» Provided information
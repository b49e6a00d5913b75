-- ===== src/Policy/Validate.antt =====
-- internal/policy/types.go, `validate` and what it calls: whether a decoded policy document is accepted,
-- and the window durations of an accepted one. Every refusal is `none`; its text is left out.
-- `parse_duration` is `time.ParseDuration`, in nanoseconds.
pub mod Limits
pub mod Rules
use burnban.Prelude.{
  ℕ, ◌+◌, ◌*◌, String, Bool, true, false, not, ◌&&◌, ◌||◌, Option, none, some, List, [], ◌∷◌, ◌==◌,
  leb, ltb, is_empty, any, all, length, codes, str_eq, guard, chain, Unicode, byte_len,
}
use burnban.Prelude.Int.{ℤ, pos, leb_ℤ, ltb_ℤ, eqb_ℤ}
use burnban.Float
use burnban.Float.{Float64, of_int, fin}
use burnban.Policy.Types.{
  Mode, unset, observe, warn, enforce, other_mode, TokenKind, any_kind, input, output, total,
  other_kind, WindowType, rolling, fixed, other_type, Dimension, AccessList, Scope, WindowLimit,
  DollarLimit, Rule, Document,
}
use burnban.Policy.Scope.{dimensions, scope_selectors, match_access, rule_mode, is_enforce}
use burnban.Policy.Decision.{access_dimensions}
use burnban.Policy.Engine.{WindowKey}

abbrev pub Windows : Type 0
Windows = List (WindowKey × ℤ)

unfoldable pub valid_mode : Mode → Bool
valid_mode observe = true
valid_mode warn = true
valid_mode enforce = true
valid_mode unset = false
valid_mode (other_mode m) = false

unfoldable pub validate_label : Unicode → String → Bool
validate_label u value =
    not (all u.is_space (codes value))
    && leb (byte_len (codes value)) 256
    && leb (length (codes value)) 128
    && not (any u.is_unsafe (codes value))

-- The loop of `validateSelectors`, after the selectors `seen`.
unfoldable pub selectors_from : Unicode → List String → List String → Bool
selectors_from u seen [] = true
selectors_from u seen (selector ∷ rest) =
    (is_empty (codes selector) || validate_label u selector)
    && leb (byte_len (codes selector)) 512
    && not (any (str_eq selector) seen)
    && selectors_from u (selector ∷ seen) rest

unfoldable pub validate_selectors : Unicode → List String → Bool
unfolding selectors_from
validate_selectors u selectors = leb (length selectors) 64 && selectors_from u [] selectors

abbrev pub restricts : AccessList → Bool
restricts access = not (is_empty access.allow) || not (is_empty access.deny)

unfoldable pub rule_has_effect : Rule → Bool
rule_has_effect rule =
    any (λ d. restricts (match_access rule.match d)) access_dimensions
    || not (is_empty rule.limits.requests)
    || not (is_empty rule.limits.tokens)
    || not (is_empty rule.limits.dollars)
    || not (eqb_ℤ rule.limits.concurrency (pos 0))
    || elim rule.limits.max_estimated_call_cost_usd [ none ↦ false | some _ ↦ true ]
    || rule.limits.require_output_bound

-- A cooperative label does not select an enforcing rule, and none is restricted by one.
unfoldable pub cooperative_free : Rule → Bool
cooperative_free rule =
    is_empty rule.scope.agent
    && is_empty rule.scope.session
    && is_empty rule.scope.model_class
    && not (restricts (match_access rule.match Dimension.model_class))

-- The tests of a rule that come before its window limits.
unfoldable pub rule_header : Unicode → Mode → List String → Rule → Bool
unfolding Float.lt of_int
rule_header u mode ids rule =
    validate_label u rule.id
    && not (any (str_eq rule.id) ids)
    && elim rule.mode [ unset ↦ true | m ↦ valid_mode m ]
    && (not (is_enforce (rule_mode mode rule)) || cooperative_free rule)
    && all (λ d. validate_selectors u (scope_selectors rule.scope d)) dimensions
    && all
        (λ d.
          validate_selectors u (match_access rule.match d).allow
          && validate_selectors u (match_access rule.match d).deny)
        access_dimensions
    && leb_ℤ (pos 0) rule.limits.concurrency
    && elim rule.limits.max_estimated_call_cost_usd [
      | none ↦ true
      | some cost ↦ not (Float.lt cost (fin (pos 0)) || Float.lt (of_int 1000000000000) cost)
    ]

-- What a limit of either kind has, but for its bounds.
pub record Window : Type 0 where
  pub id : String
  pub window : String
  pub window_type : WindowType

abbrev pub known_type : WindowType → Bool
known_type rolling = true
known_type fixed = true
known_type (other_type t) = false

abbrev pub second : ℕ
second = 1000000000

-- `duration < time.Second || duration > 366*24*time.Hour`, negated.
abbrev pub in_bounds : ℤ → Bool
in_bounds d = leb_ℤ (pos second) d && leb_ℤ d (pos (366 * 24 * 3600 * second))

-- The duration of a limit that passes `bounds`, its own tests.
unfoldable pub window_duration :
    Unicode → (String → Option ℤ) → List String → Bool → Window → Option ℤ
window_duration u parse_duration seen bounds limit =
    guard
      (validate_label u limit.id
        && not (any (str_eq limit.id) seen)
        && bounds
        && known_type limit.window_type)
      (chain (parse_duration limit.window) (λ d. guard (in_bounds d) (some d)))

-- The loop over the limits of one kind: `limitIDs` has the kind before each id, so a list for each kind.
unfoldable pub window_limits {ℓ} :
    {A : Type ℓ}
    → Unicode
    → (String → Option ℤ)
    → String
    → String
    → (A → Bool)
    → (A → Window)
    → List String
    → List A
    → Windows
    → Option Windows
window_limits u parse_duration rule_id kind bounds window seen [] ws = some ws
window_limits u parse_duration rule_id kind bounds window seen (limit ∷ rest) ws =
    let key : WindowKey = record {
      rule_id = rule_id;
      dimension = kind;
      limit_id = (window limit).id;
    } in
    chain (window_duration u parse_duration seen (bounds limit) (window limit)) (λ d.
      window_limits u parse_duration rule_id kind bounds window ((window limit).id ∷ seen) rest
        ((key, d) ∷ ws))

abbrev pub request_bounds : WindowLimit → Bool
request_bounds limit = leb_ℤ (pos 1) limit.max && elim limit.kind [ any_kind ↦ true | _ ↦ false ]

abbrev pub token_bounds : WindowLimit → Bool
token_bounds limit = leb_ℤ (pos 1) limit.max && elim limit.kind [ other_kind k ↦ false | _ ↦ true ]

abbrev pub dollar_bounds : DollarLimit → Bool
dollar_bounds limit =
    leb_ℤ (pos 1) limit.max_micro_usd && leb_ℤ limit.max_micro_usd (pos 1000000000000000000)

abbrev pub of_window : WindowLimit → Window
of_window limit = record { id = limit.id; window = limit.window; window_type = limit.window_type }

abbrev pub of_dollar : DollarLimit → Window
of_dollar limit = record { id = limit.id; window = limit.window; window_type = limit.window_type }

-- What the loop over the rules has built.
pub record Progress : Type 0 where
  pub windows : Windows
  pub ids : List String
  pub total_limits : ℕ

-- `maxWindowLimitsPerKind` and `maxWindowLimitsPerDoc`.
unfoldable pub limit_group {ℓ} :
    {A : Type ℓ}
    → Unicode
    → (String → Option ℤ)
    → String
    → String
    → (A → Bool)
    → (A → Window)
    → List A
    → Progress
    → Option Progress
unfolding window_limits
limit_group u parse_duration rule_id kind bounds window limits p =
    let total = p.total_limits + length limits in
    guard (leb (length limits) 64 && leb total 256) (
      chain (window_limits u parse_duration rule_id kind bounds window [] limits p.windows)
        (λ ws. some (record p { windows = ws; total_limits = total })))

unfoldable pub validate_rule :
    Unicode → (String → Option ℤ) → Mode → Rule → Progress → Option Progress
unfolding limit_group rule_header
validate_rule u parse_duration mode rule p = guard (rule_header u mode p.ids rule) (
    chain
      (limit_group u parse_duration rule.id "requests" request_bounds of_window rule.limits.requests
        p)
      (λ p1.
        chain
          (limit_group u parse_duration rule.id "tokens" token_bounds of_window rule.limits.tokens
            p1)
          (λ p2.
            chain
              (limit_group u parse_duration rule.id "dollars" dollar_bounds of_dollar
                rule.limits.dollars p2)
              (λ p3. guard (rule_has_effect rule) (some (record p3 { ids = rule.id ∷ p.ids }))))))

unfoldable pub validate_rules :
    Unicode → (String → Option ℤ) → Mode → List Rule → Progress → Option Progress
validate_rules u parse_duration mode [] p = some p
validate_rules u parse_duration mode (rule ∷ rules) p =
    chain (validate_rule u parse_duration mode rule p) (validate_rules u parse_duration mode rules)

unfoldable pub document_header : Unicode → Document → Bool
document_header u doc =
    str_eq doc.api_version "burnban.dev/v2"
    && str_eq doc.kind "PolicySet"
    && validate_label u doc.metadata.name
    && validate_label u doc.metadata.namespace
    && leb_ℤ (pos 1) doc.metadata.revision
    && valid_mode doc.mode
    && not (is_empty doc.rules)
    && leb (length doc.rules) 256

unfoldable pub validate : Unicode → (String → Option ℤ) → Document → Option Windows
unfolding validate_rules document_header
validate u parse_duration doc = guard (document_header u doc) (
    chain
      (validate_rules u parse_duration doc.mode doc.rules
        (record { windows = []; ids = []; total_limits = 0 }))
      (λ p. some p.windows))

» Problem to work on
Beginning with the first line of the listing above, please write out every line exactly until you reach the line that contains "pub mod Rules", and include that one too.

» Expected answer
repository b49e6a00d5913b75
-- ===== src/Policy/Validate.antt =====
-- internal/policy/types.go, `validate` and what it calls: whether a decoded policy document is accepted,
-- and the window durations of an accepted one. Every refusal is `none`; its text is left out.
-- `parse_duration` is `time.ParseDuration`, in nanoseconds.
pub mod Limits
pub mod Rules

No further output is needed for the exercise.